School of Computer Engineering, Nanyang Technological University, 50 Nanyang Avenue, Singapore.
Neuroimage. 2010 Jan 1;49(1):225-39. doi: 10.1016/j.neuroimage.2009.08.050. Epub 2009 Sep 2.
Removal of non-brain tissues, particularly dura, is an important step in enabling accurate measurement of brain structures. Many popular methods rely on iterative surface deformation to fit the brain boundary and tend to leave residual dura. Similar to other approaches, the method proposed here uses intensity thresholding followed by removal of narrow connections to obtain a brain mask. However, instead of using morphological operations to remove narrow connections, a graph theoretic image segmentation technique was used to position cuts that isolate and remove dura. This approach performed well on both the standardized IBSR test data sets and empirically derived data. Compared to the Hybrid Watershed Algorithm (HWA; (Segonne et al., 2004)) the novel approach achieved an additional 10-30% of dura removal without incurring further brain tissue erosion. The proposed method is best used in conjunction with HWA as the errors produced by the two approaches often occur at different locations and cancel out when their masks are combined. Our experiments indicate that this combination can substantially decrease and often fully avoid cortical surface overestimation in subsequent segmentation.

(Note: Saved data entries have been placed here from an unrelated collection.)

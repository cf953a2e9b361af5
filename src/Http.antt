-- ===== src/Http.antt =====
-- src/http.rs: the handlers. The files, the database rows of earlier processes and SHA-256 are
-- arguments; bodies are the values that are rendered as JSON.
pub mod Laws
pub mod Listing
use gha_indie_worker_rs.Prelude.{
  ℕ, Bool, true, false, not, ◌&&◌, ◌||◌, Option, none, some, List, [], ◌∷◌, ◌++◌, map, keep, leb,
  unwrap_or, is_some, Result, ok, err, if◌then◌else◌,
}
use gha_indie_worker_rs.Text.{Text, text, text_eq, contains}
use gha_indie_worker_rs.Message.{Message, message, lit}
use gha_indie_worker_rs.Types.{
  BuildRequest, BuildJobRecord, StatusCode, accepted, unauthorized, not_found,
  internal_server_error, service_unavailable,
}
use gha_indie_worker_rs.Config.{Config}
use gha_indie_worker_rs.State.{AppState, fetch_add}
use gha_indie_worker_rs.Jobs.Map.{lookup, values}
use gha_indie_worker_rs.Jobs.Enqueue.{enqueue_build, count_rejected, count_queued}
use gha_indie_worker_rs.Validation.Paths.{push_path}
use gha_indie_worker_rs.GhSecrets.Sync.{SyncOutcome, SyncRun, SyncState, SyncServices, sync_all}

-- A header's value: `none` where it is not text.
pub record AuthHeaders : Type 0 where
  pub x_server_auth : Option (Option Text)
  pub x_build_server_auth : Option (Option Text)
  pub x_agent_auth : Option (Option Text)

-- A row of a job from an earlier process.
pub record PersistedJob : Type 0 where
  pub id : Text
  pub status : Text
  pub job_kind : Text
  pub source : Text
  pub executor : Text
  pub repo_url : Text
  pub git_ref : Option Text
  pub image : Option Text
  pub error : Option Text

pub data Listed : Type 0 where
  live : BuildJobRecord → Listed
  persisted : PersistedJob → Listed

pub data Body : Type 0 where
  error_body : Message → Body
  unauthorized_body : (error err_message : Message) → Body
  job_body : BuildJobRecord → Body
  jobs_body : List Listed → Body
  text_body : Text → Body
  archive_body : (file_name contents : Text) → Body
  outcomes_body : List SyncOutcome → Body
  runs_body : List SyncRun → Body
  ready_body : Bool → Body

abbrev pub Response : Type 0
Response = StatusCode × Body

-- What opening or reading a file gives.
pub data FileResult : Type 0 where
  file : Text → FileResult
  no_file : FileResult
  file_error : Message → FileResult

pub record Backend : Type 0 where
  pub digest : Text → Text
  pub read_file : Text → FileResult
  pub recent_jobs : List PersistedJob
  pub path_exists : Text → Bool
  pub executable_available : Text → Bool

abbrev pub or_next : {A : Type 0} → Option A → Option A → Option A
or_next none next = next
or_next (some a) next = some a

abbrev pub digest_matches : (Text → Text) → Text → Option (Option Text) → Bool
digest_matches digest secret none = false
digest_matches digest secret (some none) = false
digest_matches digest secret (some (some value)) = text_eq (digest value) (digest secret)

unfoldable pub request_is_authorized : (digest : Text → Text) → AuthHeaders → Text → Bool
request_is_authorized digest headers secret =
    digest_matches digest secret
      (or_next headers.x_server_auth (or_next headers.x_build_server_auth headers.x_agent_auth))

abbrev pub check_secret :
    (digest : Text → Text) → AuthHeaders → Option Text → Result (Unit {0}) Response
check_secret digest headers none =
    err (service_unavailable, error_body (message "SERVER_AUTH_SECRET is not configured"))
check_secret digest headers (some secret) =
    if request_is_authorized digest headers secret
    then ok tt
    else err (
      unauthorized,
      unauthorized_body (message "unauthorized")
          (message "missing required build server auth header"),
    )

unfoldable pub require_auth :
    (digest : Text → Text) → AuthHeaders → AppState → Result (Unit {0}) Response
require_auth digest headers state = check_secret digest headers state.config.server_auth_secret

-- A handler behind `require_auth`, which counts what it refuses.
abbrev pub guarded_by :
    Result (Unit {0}) Response → AppState → AppState × Response → AppState × Response
guarded_by (err refused) state answer = (count_rejected state, refused)
guarded_by (ok _) state answer = answer

abbrev pub not_found_body : Message → Response
not_found_body error = (not_found, error_body error)

-- `sort_by_key` on the creation time in reverse: stable, as an insertion sort.
unfoldable pub insert_newest : BuildJobRecord → List BuildJobRecord → List BuildJobRecord
insert_newest job [] = job ∷ []
insert_newest job (next ∷ jobs) =
    if leb next.created_at_ms job.created_at_ms
    then job ∷ next ∷ jobs
    else next ∷ insert_newest job jobs

unfoldable pub newest_first : List BuildJobRecord → List BuildJobRecord
newest_first [] = []
newest_first (job ∷ jobs) = insert_newest job (newest_first jobs)

abbrev pub ids_of : List BuildJobRecord → List Text
ids_of [] = []
ids_of (job ∷ jobs) = job.id ∷ ids_of jobs

-- The jobs of the map, the newest first, and then, with a database, the rows of jobs that are not
-- in the map.
unfoldable pub listed_jobs : Backend → AppState → List Listed
listed_jobs backend state =
    let jobs = newest_first (values state.jobs) in
    if state.db
    then map live jobs
      ++ map persisted (keep (λ row. not (contains (ids_of jobs) row.id)) backend.recent_jobs)
    else map live jobs

module _ (backend : Backend) (headers : AuthHeaders) where
  abbrev pub guarded : AppState → AppState × Response → AppState × Response
  guarded state answer = guarded_by (require_auth backend.digest headers state) state answer

  abbrev pub submitted :
      AppState × Result BuildJobRecord (StatusCode × Message) → AppState × Response
  submitted (state, ok job) = (state, (accepted, job_body job))
  submitted (state, err (status, error)) = (state, (status, error_body error))

  unfoldable pub submit_build :
      AppState → BuildRequest → (id_now created_now : ℕ) → AppState × Response
  submit_build state request id_now created_now =
      guarded state (submitted (enqueue_build state request (text "http") id_now created_now))

  -- One pass of the sync, with the rows and the requests to GitHub so far.
  abbrev pub synced : SyncState × List SyncOutcome → SyncState × Response
  synced (s, outcomes) = (s, (StatusCode.ok, outcomes_body outcomes))

  abbrev pub guarded_sync :
      Result (Unit {0}) Response → SyncState → SyncState × Response → SyncState × Response
  guarded_sync (err refused) s answer = (record s { app = count_rejected s.app }, refused)
  guarded_sync (ok _) s answer = answer

  unfoldable pub sync_secrets : SyncServices → SyncState → SyncState × Response
  sync_secrets services s = guarded_sync (require_auth backend.digest headers s.app) s (
      if s.app.config.gh_sync_enabled then synced (sync_all services s) else (
        s,
        (
          service_unavailable,
          error_body (message "gh secret sync is disabled by BUILD_SERVER_GH_SYNC_ENABLED=false"),
        ),
      ))

  unfoldable pub sync_secrets_status : (runs : List SyncRun) → AppState → AppState × Response
  sync_secrets_status runs state =
      guarded state (state, (StatusCode.ok, runs_body (if state.db then runs else [])))

  unfoldable pub list_builds : AppState → AppState × Response
  list_builds state = guarded state (state, (StatusCode.ok, jobs_body (listed_jobs backend state)))

  abbrev pub found_job : Option BuildJobRecord → (BuildJobRecord → Response) → Response
  found_job none answer = not_found_body (message "build job not found")
  found_job (some job) answer = answer job

  unfoldable pub get_build : AppState → (job_id : Text) → AppState × Response
  get_build state job_id =
      guarded state
        (state, found_job (lookup job_id state.jobs) (λ job. (StatusCode.ok, job_body job)))

  abbrev pub log_response : FileResult → Response
  log_response (file body) = (StatusCode.ok, text_body body)
  log_response no_file = not_found_body (message "build log not found")
  log_response (file_error error) =
      (internal_server_error, error_body (lit "failed to read build log: " ∷ error))

  unfoldable pub get_build_logs : AppState → (job_id : Text) → AppState × Response
  get_build_logs state job_id = guarded state (
    state,
    found_job (lookup job_id state.jobs) (λ job. log_response (backend.read_file job.log_path)),
  )

  abbrev pub artifact_response : (job_id : Text) → FileResult → Response
  artifact_response job_id (file contents) =
      (StatusCode.ok, archive_body (job_id ++ text "-artifacts.tar.gz") contents)
  artifact_response job_id no_file = not_found_body (message "build artifacts not found")
  artifact_response job_id (file_error error) =
      (internal_server_error, error_body (lit "failed to open build artifacts: " ∷ error))

  unfoldable pub get_build_artifacts : AppState → (job_id : Text) → AppState × Response
  get_build_artifacts state job_id = guarded state (
    state,
    found_job (lookup job_id state.jobs) (λ job. artifact_response job_id (
        backend.read_file
          (push_path (push_path state.config.work_root job_id) (text "artifacts.tar.gz")))),
  )

unfoldable pub build_dependencies_ready : Backend → Config → Bool
build_dependencies_ready backend config =
    is_some config.server_auth_secret
    && backend.path_exists config.work_root
    && backend.executable_available config.git_bin
    && backend.executable_available config.nerdctl_bin
    && backend.executable_available config.tar_bin
    && (not config.deploy_enabled || backend.executable_available config.kubectl_bin)

unfoldable pub readyz : Backend → AppState → Response
readyz backend state =
    let ready = build_dependencies_ready backend state.config in
    (if ready then StatusCode.ok else service_unavailable, ready_body ready)
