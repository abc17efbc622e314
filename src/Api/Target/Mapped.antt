-- ===== src/Api/Target/Mapped.antt =====
-- The IPv6 addresses that stand for IPv4 addresses.
use aether_relay.Prelude.{ℕ, ◌+◌, ◌*◌, ◌/◌, ◌%◌, ◌<◌, ◌≡◌, refl, ap, some, arith}
use aether_relay.Api.Target.{
  Ipv4Addr, Ipv6Addr, v6, is_blocked_v4, to_ipv4_mapped, is_blocked_mapped, is_blocked_ip,
}

-- Four octets.
pub record IsAddr (ip : Ipv4Addr) : Type 0 where
  pub a-lt : ip.a < 256
  pub b-lt : ip.b < 256
  pub c-lt : ip.c < 256
  pub d-lt : ip.d < 256

abbrev pub mapped : Ipv4Addr → Ipv6Addr
mapped ip = record {
  s0 = 0;
  s1 = 0;
  s2 = 0;
  s3 = 0;
  s4 = 0;
  s5 = 65535;
  s6 = ip.a * 256 + ip.b;
  s7 = ip.c * 256 + ip.d;
}

high_byte : (m n : ℕ) → n < 256 → (m * 256 + n) / 256 ≡ m
high_byte m n h = omega arith

low_byte : (m n : ℕ) → n < 256 → (m * 256 + n) % 256 ≡ n
low_byte m n h = omega arith

unmapped : (ip : Ipv4Addr) → IsAddr ip → to_ipv4_mapped (mapped ip) ≡ some ip
unfolding to_ipv4_mapped
unmapped ip r =
    rw
      (
        high_byte ip.a ip.b r.b-lt,
        low_byte ip.a ip.b r.b-lt,
        high_byte ip.c ip.d r.d-lt,
        low_byte ip.c ip.d r.d-lt,
      )
      refl

-- An IPv6 address that is mapped from an IPv4 address of four octets is blocked exactly as that IPv4 address.
pub is_blocked-mapped :
    (ip : Ipv4Addr) → IsAddr ip → is_blocked_ip (v6 (mapped ip)) ≡ is_blocked_v4 ip
unfolding is_blocked_ip
is_blocked-mapped ip r = ap is_blocked_mapped (unmapped ip r)
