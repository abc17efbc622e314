-- ===== src/Api/Target/Blocks.antt =====
-- The blocked IPv4 addresses as a table of address blocks.
use aether_relay.Prelude.{
  ltb, leb, ◌==◌, ℕ, ◌+◌, ◌*◌, ◌<◌, ◌≡◌, refl, sym, ◌∙◌, Bool, ◌&&◌, ◌||◌, arith,
}
use aether_relay.Api.Target.{Ipv4Addr, is_blocked_v4}
use aether_relay.Api.Target.Mapped.{IsAddr}

-- The address as a number of 32 bits.
abbrev pub to_u32 : Ipv4Addr → ℕ
to_u32 ip = ip.a * 16777216 + ip.b * 65536 + ip.c * 256 + ip.d

-- From a first address, as many addresses as given.
abbrev pub in_block : ℕ → ℕ → ℕ → Bool
in_block first size n = leb first n && ltb n (first + size)

-- a.b.c.d/8, a.b.c.d/16 and so on: the size is 2 to the bits that are free.
block_8 :
    (n a b c d : ℕ)
    → b < 256
    → c < 256
    → d < 256
    → in_block (n * 16777216) 16777216 (a * 16777216 + b * 65536 + c * 256 + d) ≡ (a == n)
block_8 n a b c d hb hc hd = ground arith

block_16 :
    (m n a b c d : ℕ)
    → n < 256
    → b < 256
    → c < 256
    → d < 256
    → in_block (m * 16777216 + n * 65536) 65536 (a * 16777216 + b * 65536 + c * 256 + d)
      ≡ (a == m && b == n)
block_16 m n a b c d hn hb hc hd = ground arith

block_24 :
    (l m n a b c d : ℕ)
    → m < 256
    → n < 256
    → b < 256
    → c < 256
    → d < 256
    → in_block (l * 16777216 + m * 65536 + n * 256) 256 (a * 16777216 + b * 65536 + c * 256 + d)
      ≡ (a == l && b == m && c == n)
block_24 l m n a b c d hm hn hb hc hd = ground arith

block_32 :
    (k l m n a b c d : ℕ)
    → l < 256
    → m < 256
    → n < 256
    → b < 256
    → c < 256
    → d < 256
    → in_block (k * 16777216 + l * 65536 + m * 256 + n) 1 (a * 16777216 + b * 65536 + c * 256 + d)
      ≡ (a == k && b == l && c == m && d == n)
block_32 k l m n a b c d hl hm hn hb hc hd = ground arith

block_12 :
    (m a b c d : ℕ)
    → b < 256
    → c < 256
    → d < 256
    → in_block (m * 16777216 + 16 * 65536) 1048576 (a * 16777216 + b * 65536 + c * 256 + d)
      ≡ (a == m && leb 16 b && leb b 31)
block_12 m a b c d hb hc hd = ground arith

block_10 :
    (m a b c d : ℕ)
    → b < 256
    → c < 256
    → d < 256
    → in_block (m * 16777216 + 64 * 65536) 4194304 (a * 16777216 + b * 65536 + c * 256 + d)
      ≡ (a == m && leb 64 b && ltb b 128)
block_10 m a b c d hb hc hd = ground arith

-- The two groups of the source's test, written flat.
flatten :
    (a b c d e f g h i j k : Bool)
    → (a || (b || c || d) || e || f || g || (h || i || j) || k)
      ≡ (a || b || c || d || e || f || g || h || i || j || k)
flatten a b c d e f g h i j k = ground arith

-- Loopback, the private ranges, link-local, broadcast, unspecified, documentation and carrier-grade NAT, by
-- first address and size.
abbrev pub in_blocked_block : ℕ → Bool
in_blocked_block n =
    in_block (127 * 16777216) 16777216 n
    || in_block (10 * 16777216) 16777216 n
    || in_block (172 * 16777216 + 16 * 65536) 1048576 n
    || in_block (192 * 16777216 + 168 * 65536) 65536 n
    || in_block (169 * 16777216 + 254 * 65536) 65536 n
    || in_block (255 * 16777216 + 255 * 65536 + 255 * 256 + 255) 1 n
    || in_block (0 * 16777216 + 0 * 65536 + 0 * 256 + 0) 1 n
    || in_block (192 * 16777216 + 0 * 65536 + 2 * 256) 256 n
    || in_block (198 * 16777216 + 51 * 65536 + 100 * 256) 256 n
    || in_block (203 * 16777216 + 0 * 65536 + 113 * 256) 256 n
    || in_block (100 * 16777216 + 64 * 65536) 4194304 n

or_cong : (a b c d : Bool) → a ≡ b → c ≡ d → (a || c) ≡ (b || d)
or_cong a b c d h k = rw (h, k) refl

-- An IPv4 address of four octets is blocked exactly when its number lies in one of the blocks 127.0.0.0/8, 10.0.0.0/8,
-- 172.16.0.0/12, 192.168.0.0/16, 169.254.0.0/16, 255.255.255.255/32, 0.0.0.0/32, 192.0.2.0/24,
-- 198.51.100.0/24, 203.0.113.0/24 and 100.64.0.0/10.
pub is_blocked_v4-eq-blocks :
    (ip : Ipv4Addr) → IsAddr ip → is_blocked_v4 ip ≡ in_blocked_block (to_u32 ip)
unfolding is_blocked_v4
is_blocked_v4-eq-blocks ip r =
    flatten (ip.a == 127) (ip.a == 10) (ip.a == 172 && leb 16 ip.b && leb ip.b 31)
      (ip.a == 192 && ip.b == 168) (ip.a == 169 && ip.b == 254)
      (ip.a == 255 && ip.b == 255 && ip.c == 255 && ip.d == 255)
      (ip.a == 0 && ip.b == 0 && ip.c == 0 && ip.d == 0) (ip.a == 192 && ip.b == 0 && ip.c == 2)
      (ip.a == 198 && ip.b == 51 && ip.c == 100) (ip.a == 203 && ip.b == 0 && ip.c == 113)
      (ip.a == 100 && leb 64 ip.b && ltb ip.b 128)
    ∙ sym (
        or_cong _ _ _ _
          (or_cong _ _ _ _
            (or_cong _ _ _ _
              (or_cong _ _ _ _
                (or_cong _ _ _ _
                  (or_cong _ _ _ _
                    (or_cong _ _ _ _
                      (or_cong _ _ _ _
                        (or_cong _ _ _ _
                          (or_cong _ _ _ _ (block_8 127 ip.a ip.b ip.c ip.d r.b-lt r.c-lt r.d-lt)
                            (block_8 10 ip.a ip.b ip.c ip.d r.b-lt r.c-lt r.d-lt))
                          (block_12 172 ip.a ip.b ip.c ip.d r.b-lt r.c-lt r.d-lt))
                        (block_16 192 168 ip.a ip.b ip.c ip.d (omega arith) r.b-lt r.c-lt r.d-lt))
                      (block_16 169 254 ip.a ip.b ip.c ip.d (omega arith) r.b-lt r.c-lt r.d-lt))
                    (block_32 255 255 255 255 ip.a ip.b ip.c ip.d (omega arith) (omega arith)
                      (omega arith) r.b-lt r.c-lt r.d-lt))
                  (block_32 0 0 0 0 ip.a ip.b ip.c ip.d (omega arith) (omega arith) (omega arith)
                    r.b-lt r.c-lt r.d-lt))
                (block_24 192 0 2 ip.a ip.b ip.c ip.d (omega arith) (omega arith) r.b-lt r.c-lt
                  r.d-lt))
              (block_24 198 51 100 ip.a ip.b ip.c ip.d (omega arith) (omega arith) r.b-lt r.c-lt
                r.d-lt))
            (block_24 203 0 113 ip.a ip.b ip.c ip.d (omega arith) (omega arith) r.b-lt r.c-lt
              r.d-lt))
          (block_10 100 ip.a ip.b ip.c ip.d r.b-lt r.c-lt r.d-lt))
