-- ===== src/Backoff.antt =====
-- src/worker/backoff.rs: the decorrelated jitter. A `Duration` is a number of nanoseconds. The random
-- number comes from outside: `random lo hi` stands for `rng.random_range(lo..=hi)`.
pub mod Laws
use aether_relay.Prelude.{ℕ, ◌-◌, ◌*◌, ◌/◌, ◌%◌, ◌^◌, min, max}

abbrev pub u64_mod : ℕ
u64_mod = 2 ^ 64

abbrev pub from_millis : ℕ → ℕ
from_millis ms = ms * 1_000_000

abbrev pub from_secs : ℕ → ℕ
from_secs s = s * 1_000_000_000

-- `d.as_millis() as u64`
abbrev pub as_millis : ℕ → ℕ
as_millis d = d / 1_000_000 % u64_mod

-- `prev_ms.saturating_mul(3).max(base_ms)`
unfoldable pub jitter_high : ℕ → ℕ → ℕ
jitter_high base_ms prev_ms = max (min (prev_ms * 3) (u64_mod - 1)) base_ms

unfoldable pub decorrelated_jitter : (ℕ → ℕ → ℕ) → ℕ → ℕ → ℕ → ℕ
unfolding jitter_high
decorrelated_jitter random base cap prev_sleep =
    let base_ms = as_millis base in
    let high = jitter_high base_ms (as_millis prev_sleep) in
    from_millis (min (random base_ms high) (as_millis cap))
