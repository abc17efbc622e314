-- ===== src/Backoff/Laws.antt =====
-- The bounds of the delay of src/worker/backoff.rs.
use aether_relay.Prelude.{ℕ, ◌*◌, ◌≤◌, ◌<◌, max, ◌≡◌, arith}
use aether_relay.Backoff.{u64_mod, from_millis, as_millis, jitter_high, decorrelated_jitter}

-- What `random_range` documents: a value of the range, if the range is not empty.
abbrev pub IsUniformRange : (ℕ → ℕ → ℕ) → Type 0
IsUniformRange random = (lo hi : ℕ) → lo ≤ hi → (lo ≤ random lo hi) × (random lo hi ≤ hi)

-- The range that the delay is drawn from is never empty, so the draw does not panic, and its upper
-- end fits in a `u64` wherever the base does.
pub jitter_high_bounds :
    (base_ms prev_ms : ℕ)
    → base_ms < u64_mod
    → (base_ms ≤ jitter_high base_ms prev_ms) × (jitter_high base_ms prev_ms < u64_mod)
unfolding jitter_high
jitter_high_bounds base_ms prev_ms h = (omega arith, omega arith)

-- For a base and a cap of whole milliseconds that fit in a `u64`, with the base at most the cap, the
-- delay is at least the base, at most the cap and, before the cap applies, at most three times the
-- last delay or the base; whatever the random numbers and the last delay.
pub decorrelated_jitter_bounds :
    (random : ℕ → ℕ → ℕ) (base_ms cap_ms prev : ℕ)
    → IsUniformRange random
    → base_ms ≤ cap_ms
    → cap_ms < u64_mod
    → (from_millis base_ms
        ≤ decorrelated_jitter random (from_millis base_ms) (from_millis cap_ms) prev)
      × (decorrelated_jitter random (from_millis base_ms) (from_millis cap_ms) prev
          ≤ from_millis cap_ms)
      × (decorrelated_jitter random (from_millis base_ms) (from_millis cap_ms) prev
          ≤ max (3 * prev) (from_millis base_ms))
unfolding decorrelated_jitter
decorrelated_jitter_bounds random base_ms cap_ms prev uniform le fits =
    let base_back : as_millis (from_millis base_ms) ≡ base_ms = omega arith in
    let cap_back : as_millis (from_millis cap_ms) ≡ cap_ms = omega arith in
    rw (base_back, cap_back)
      (let (above, below) = uniform base_ms (jitter_high base_ms (as_millis prev)) (omega arith) in
        (omega arith, omega arith, omega arith))
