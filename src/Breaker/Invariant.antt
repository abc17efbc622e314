-- ===== src/Breaker/Invariant.antt =====
-- What holds of a breaker of src/worker/circuit_breaker.rs between two calls.
use aether_relay.Prelude.{
  ℕ, ◌+◌, ◌%◌, ◌<◌, ◌≡◌, refl, ◌∙◌, ◌≢◌, ◌⊎◌, true, none, List, [], ◌∷◌, arith,
}
use aether_relay.Breaker.{
  closed, opened, half_open, CircuitBreaker, new, can_attempt, record_success, u32_mod,
  record_failure,
}

pub record IsValid (b : CircuitBreaker) : Type 0 where
  pub count_fits : b.failure_count < u32_mod
  pub threshold_fits : b.failure_threshold < u32_mod
  pub closed_below :
      b.state ≡ closed → (b.failure_count ≡ 0) ⊎ (b.failure_count < b.failure_threshold)
  pub closed_undated : b.state ≡ closed → b.open_until ≡ none
  pub opened_dated : b.state ≡ opened → b.open_until ≢ none
  pub probe_half_open : b.probe_in_flight ≡ true → b.state ≡ half_open

-- The calls that the dispatcher makes of a breaker.
pub data Call : Type 0 where
  attempt failure : ℕ → Call
  success : Call

unfoldable pub apply : CircuitBreaker → Call → CircuitBreaker
apply b (attempt now) = (can_attempt b now).1
apply b (failure now) = record_failure b now
apply b success = record_success b

unfoldable pub run : CircuitBreaker → List Call → CircuitBreaker
unfolding apply
run b [] = b
run b (c ∷ cs) = run (apply b c) cs

new-IsValid : (n r : ℕ) → n < u32_mod → IsValid (new n r)
unfolding new
new-IsValid n r h = ground arith

pub apply-IsValid : (b : CircuitBreaker) (c : Call) → IsValid b → IsValid (apply b c)
unfolding apply can_attempt record_failure record_success
apply-IsValid b (attempt now) v = ground arith
apply-IsValid b (failure now) v = ground arith
apply-IsValid b success v = ground arith

run-IsValid_from : (b : CircuitBreaker) (cs : List Call) → IsValid b → IsValid (run b cs)
unfolding run
run-IsValid_from b [] v = v
run-IsValid_from b (c ∷ cs) v = run-IsValid_from (apply b c) cs (apply-IsValid b c v)

-- The failures since the last success, after `n` at the start.
unfoldable pub streak : ℕ → List Call → ℕ
streak n [] = n
streak n (attempt _ ∷ cs) = streak n cs
streak n (failure _ ∷ cs) = streak (n + 1) cs
streak n (success ∷ cs) = streak 0 cs

attempt_counts :
    (b : CircuitBreaker) (now : ℕ) → (can_attempt b now).1.failure_count ≡ b.failure_count
unfolding can_attempt
attempt_counts b now = ground arith

failure_counts :
    (b : CircuitBreaker) (now : ℕ)
    → (record_failure b now).failure_count ≡ (b.failure_count + 1) % u32_mod
unfolding record_failure
failure_counts b now = ground arith

success_counts : (b : CircuitBreaker) → (record_success b).failure_count ≡ 0
unfolding record_success
success_counts b = refl

run-eq-streak :
    (b : CircuitBreaker) (n : ℕ) (cs : List Call)
    → b.failure_count ≡ n % u32_mod
    → (run b cs).failure_count ≡ streak n cs % u32_mod
unfolding run streak apply
run-eq-streak b n [] h = h
run-eq-streak b n (attempt now ∷ cs) h =
    run-eq-streak (can_attempt b now).1 n cs (attempt_counts b now ∙ h)
run-eq-streak b n (failure now ∷ cs) h =
    run-eq-streak (record_failure b now) (n + 1) cs (omega (arith, failure_counts b now, h))
run-eq-streak b n (success ∷ cs) h = run-eq-streak (record_success b) 0 cs (success_counts b)

-- After any sequence of calls on a new breaker, its counter is the number of failures since the last success, as a
-- `u32` counts them, modulo 2 ^ 32. A closed breaker has counted none or is below its threshold, and has no
-- deadline; an open one has a deadline; and a probe is in flight only while the breaker is half-open.
pub run-IsValid :
    (n r : ℕ) (cs : List Call)
    → n < u32_mod
    → IsValid (run (new n r) cs) × ((run (new n r) cs).failure_count ≡ streak 0 cs % u32_mod)
unfolding new
run-IsValid n r cs h =
    (run-IsValid_from (new n r) cs (new-IsValid n r h), run-eq-streak (new n r) 0 cs refl)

去除非脑组织,特别是硬脑膜,是实现脑结构精确测量的重要步骤。许多流行的方法都依赖于迭代表面变形来拟合脑边界,并且往往会留下残余的硬脑膜。与其他方法类似,这里提出的方法使用强度阈值化,然后去除狭窄的连接,以获得脑掩模。然而,与使用形态操作去除狭窄连接不同,使用图论图像分割技术来定位切割,以隔离和去除硬脑膜。该方法在标准化的 IBSR 测试数据集和经验衍生数据上都表现良好。与 Hybrid Watershed Algorithm(HWA;(Segonne et al.,2004))相比,该新方法在不进一步侵蚀脑组织的情况下,额外去除了 10-30%的硬脑膜。该方法最好与 HWA 结合使用,因为两种方法产生的误差通常出现在不同的位置,并且在它们的掩模组合时会相互抵消。我们的实验表明,这种组合可以大大减少,并且通常可以完全避免后续分割中皮质表面的高估。